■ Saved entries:
▬▬▬▬▬▬▬▬▬▬
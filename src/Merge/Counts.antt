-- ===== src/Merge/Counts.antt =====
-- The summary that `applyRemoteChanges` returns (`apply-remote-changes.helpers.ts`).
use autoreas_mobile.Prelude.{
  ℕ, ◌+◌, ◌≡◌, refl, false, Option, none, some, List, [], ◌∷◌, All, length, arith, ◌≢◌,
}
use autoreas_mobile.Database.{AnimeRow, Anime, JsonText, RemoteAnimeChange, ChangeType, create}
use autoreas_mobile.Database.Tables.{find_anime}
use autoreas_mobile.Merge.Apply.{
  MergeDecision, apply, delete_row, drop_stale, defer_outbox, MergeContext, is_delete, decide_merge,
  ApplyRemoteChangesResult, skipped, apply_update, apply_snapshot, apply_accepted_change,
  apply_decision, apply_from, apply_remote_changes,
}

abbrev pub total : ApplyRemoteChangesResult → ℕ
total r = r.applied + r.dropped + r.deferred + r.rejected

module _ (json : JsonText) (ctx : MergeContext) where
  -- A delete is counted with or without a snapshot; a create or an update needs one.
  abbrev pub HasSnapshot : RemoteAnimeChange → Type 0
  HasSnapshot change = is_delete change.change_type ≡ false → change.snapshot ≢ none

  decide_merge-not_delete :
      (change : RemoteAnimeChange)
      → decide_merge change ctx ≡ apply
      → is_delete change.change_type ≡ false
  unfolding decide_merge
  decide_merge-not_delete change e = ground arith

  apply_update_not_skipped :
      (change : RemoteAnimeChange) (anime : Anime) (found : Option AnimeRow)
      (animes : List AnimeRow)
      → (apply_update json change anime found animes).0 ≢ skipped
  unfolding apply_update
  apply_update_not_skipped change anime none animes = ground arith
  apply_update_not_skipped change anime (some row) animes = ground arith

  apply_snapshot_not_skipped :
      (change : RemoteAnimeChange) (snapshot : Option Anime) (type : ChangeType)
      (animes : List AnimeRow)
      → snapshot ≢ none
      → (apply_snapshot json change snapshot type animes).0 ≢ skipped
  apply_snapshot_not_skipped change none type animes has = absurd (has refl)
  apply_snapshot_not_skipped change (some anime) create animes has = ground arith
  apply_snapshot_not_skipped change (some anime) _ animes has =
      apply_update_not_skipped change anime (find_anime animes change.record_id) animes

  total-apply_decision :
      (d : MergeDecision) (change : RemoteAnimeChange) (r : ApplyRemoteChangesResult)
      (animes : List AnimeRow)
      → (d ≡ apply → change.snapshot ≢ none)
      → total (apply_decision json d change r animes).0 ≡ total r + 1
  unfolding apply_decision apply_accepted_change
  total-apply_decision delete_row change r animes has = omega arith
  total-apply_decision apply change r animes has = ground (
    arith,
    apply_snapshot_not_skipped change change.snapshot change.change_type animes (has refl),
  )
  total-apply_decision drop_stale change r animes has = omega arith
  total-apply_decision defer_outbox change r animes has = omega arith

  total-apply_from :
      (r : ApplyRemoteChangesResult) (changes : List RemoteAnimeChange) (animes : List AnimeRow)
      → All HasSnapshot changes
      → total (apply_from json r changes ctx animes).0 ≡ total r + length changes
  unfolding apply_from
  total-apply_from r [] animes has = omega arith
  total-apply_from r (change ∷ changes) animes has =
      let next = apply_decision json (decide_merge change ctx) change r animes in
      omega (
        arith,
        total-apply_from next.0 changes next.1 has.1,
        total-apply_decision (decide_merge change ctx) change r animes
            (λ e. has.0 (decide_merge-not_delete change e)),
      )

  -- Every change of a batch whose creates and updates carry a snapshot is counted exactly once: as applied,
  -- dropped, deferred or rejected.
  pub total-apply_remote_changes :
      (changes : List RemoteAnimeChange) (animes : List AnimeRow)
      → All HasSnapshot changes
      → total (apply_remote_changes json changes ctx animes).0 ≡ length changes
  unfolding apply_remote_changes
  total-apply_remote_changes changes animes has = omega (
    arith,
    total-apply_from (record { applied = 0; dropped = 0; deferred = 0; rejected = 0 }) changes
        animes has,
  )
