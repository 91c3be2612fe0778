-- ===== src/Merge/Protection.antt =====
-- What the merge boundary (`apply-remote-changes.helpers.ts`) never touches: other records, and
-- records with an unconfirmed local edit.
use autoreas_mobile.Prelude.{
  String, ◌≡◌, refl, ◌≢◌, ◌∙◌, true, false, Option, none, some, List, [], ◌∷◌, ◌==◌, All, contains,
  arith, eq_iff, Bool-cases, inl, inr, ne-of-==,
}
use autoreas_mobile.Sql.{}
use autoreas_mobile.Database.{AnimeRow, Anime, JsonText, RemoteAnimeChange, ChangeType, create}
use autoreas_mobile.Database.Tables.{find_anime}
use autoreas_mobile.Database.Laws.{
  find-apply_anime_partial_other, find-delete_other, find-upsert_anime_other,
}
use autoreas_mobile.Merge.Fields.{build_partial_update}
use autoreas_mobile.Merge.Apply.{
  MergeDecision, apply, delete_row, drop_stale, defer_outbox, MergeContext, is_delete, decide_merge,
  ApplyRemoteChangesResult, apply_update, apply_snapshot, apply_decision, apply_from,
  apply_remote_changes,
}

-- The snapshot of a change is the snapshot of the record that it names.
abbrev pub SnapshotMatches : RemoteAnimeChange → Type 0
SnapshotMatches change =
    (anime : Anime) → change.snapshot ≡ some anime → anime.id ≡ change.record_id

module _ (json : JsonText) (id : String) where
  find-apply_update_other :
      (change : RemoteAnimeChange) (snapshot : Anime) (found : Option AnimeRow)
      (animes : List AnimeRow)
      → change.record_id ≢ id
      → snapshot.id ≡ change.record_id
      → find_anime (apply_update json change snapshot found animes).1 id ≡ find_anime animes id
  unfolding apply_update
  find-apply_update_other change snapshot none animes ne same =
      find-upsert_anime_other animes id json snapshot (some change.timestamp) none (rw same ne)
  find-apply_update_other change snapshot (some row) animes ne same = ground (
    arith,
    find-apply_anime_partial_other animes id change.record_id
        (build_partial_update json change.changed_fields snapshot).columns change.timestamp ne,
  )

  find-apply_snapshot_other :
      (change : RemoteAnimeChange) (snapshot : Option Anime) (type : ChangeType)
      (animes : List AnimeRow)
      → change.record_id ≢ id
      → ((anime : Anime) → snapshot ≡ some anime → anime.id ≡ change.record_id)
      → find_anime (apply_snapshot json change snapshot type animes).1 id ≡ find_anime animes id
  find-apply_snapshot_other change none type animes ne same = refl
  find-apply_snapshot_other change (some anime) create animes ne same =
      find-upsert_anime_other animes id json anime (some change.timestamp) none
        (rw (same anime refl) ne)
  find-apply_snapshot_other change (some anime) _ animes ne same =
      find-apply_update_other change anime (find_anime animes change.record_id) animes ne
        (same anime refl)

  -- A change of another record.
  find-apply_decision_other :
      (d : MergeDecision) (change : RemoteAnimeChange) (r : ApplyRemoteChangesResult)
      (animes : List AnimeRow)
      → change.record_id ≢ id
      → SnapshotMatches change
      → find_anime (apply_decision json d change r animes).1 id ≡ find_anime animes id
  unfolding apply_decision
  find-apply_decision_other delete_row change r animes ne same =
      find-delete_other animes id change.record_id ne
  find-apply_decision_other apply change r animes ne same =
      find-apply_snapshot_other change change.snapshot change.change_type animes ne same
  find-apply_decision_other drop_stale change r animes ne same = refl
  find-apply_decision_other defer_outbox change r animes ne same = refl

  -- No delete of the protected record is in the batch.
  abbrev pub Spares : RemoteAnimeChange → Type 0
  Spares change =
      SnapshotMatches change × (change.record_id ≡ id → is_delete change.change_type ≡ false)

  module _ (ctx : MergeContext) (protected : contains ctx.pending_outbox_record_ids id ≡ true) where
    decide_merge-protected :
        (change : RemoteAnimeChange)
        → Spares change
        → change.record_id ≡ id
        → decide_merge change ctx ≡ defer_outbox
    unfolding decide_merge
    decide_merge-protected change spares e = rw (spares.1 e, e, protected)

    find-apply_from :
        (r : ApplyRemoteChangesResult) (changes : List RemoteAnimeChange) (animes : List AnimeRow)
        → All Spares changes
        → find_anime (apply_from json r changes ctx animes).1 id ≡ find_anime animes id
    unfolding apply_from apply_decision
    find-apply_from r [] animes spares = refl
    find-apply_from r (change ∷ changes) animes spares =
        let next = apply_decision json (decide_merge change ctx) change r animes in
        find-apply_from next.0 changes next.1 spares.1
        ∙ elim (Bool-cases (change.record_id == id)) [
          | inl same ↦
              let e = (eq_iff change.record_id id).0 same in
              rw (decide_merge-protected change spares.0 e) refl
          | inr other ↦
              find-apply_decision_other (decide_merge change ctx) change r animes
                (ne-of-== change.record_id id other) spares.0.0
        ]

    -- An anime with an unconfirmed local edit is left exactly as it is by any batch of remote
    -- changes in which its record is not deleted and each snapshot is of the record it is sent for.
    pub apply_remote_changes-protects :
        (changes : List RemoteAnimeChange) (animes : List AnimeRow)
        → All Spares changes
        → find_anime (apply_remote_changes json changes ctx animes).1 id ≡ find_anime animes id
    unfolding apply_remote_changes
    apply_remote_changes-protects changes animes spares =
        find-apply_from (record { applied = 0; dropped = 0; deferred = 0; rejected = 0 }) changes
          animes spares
▬▬▬▬▬▬▬▬▬▬
■ Exercise directions: Write out word for word only the lines from the start of the entries down to the line with "ctx ≡ apply", please, including both ends.

■ Problem solution:
filename src/Merge/Counts.antt
-- ===== src/Merge/Counts.antt =====
-- The summary that `applyRemoteChanges` returns (`apply-remote-changes.helpers.ts`).
use autoreas_mobile.Prelude.{
  ℕ, ◌+◌, ◌≡◌, refl, false, Option, none, some, List, [], ◌∷◌, All, length, arith, ◌≢◌,
}
use autoreas_mobile.Database.{AnimeRow, Anime, JsonText, RemoteAnimeChange, ChangeType, create}
use autoreas_mobile.Database.Tables.{find_anime}
use autoreas_mobile.Merge.Apply.{
  MergeDecision, apply, delete_row, drop_stale, defer_outbox, MergeContext, is_delete, decide_merge,
  ApplyRemoteChangesResult, skipped, apply_update, apply_snapshot, apply_accepted_change,
  apply_decision, apply_from, apply_remote_changes,
}

abbrev pub total : ApplyRemoteChangesResult → ℕ
total r = r.applied + r.dropped + r.deferred + r.rejected

module _ (json : JsonText) (ctx : MergeContext) where
  -- A delete is counted with or without a snapshot; a create or an update needs one.
  abbrev pub HasSnapshot : RemoteAnimeChange → Type 0
  HasSnapshot change = is_delete change.change_type ≡ false → change.snapshot ≢ none

  decide_merge-not_delete :
      (change : RemoteAnimeChange)
      → decide_merge change ctx ≡ apply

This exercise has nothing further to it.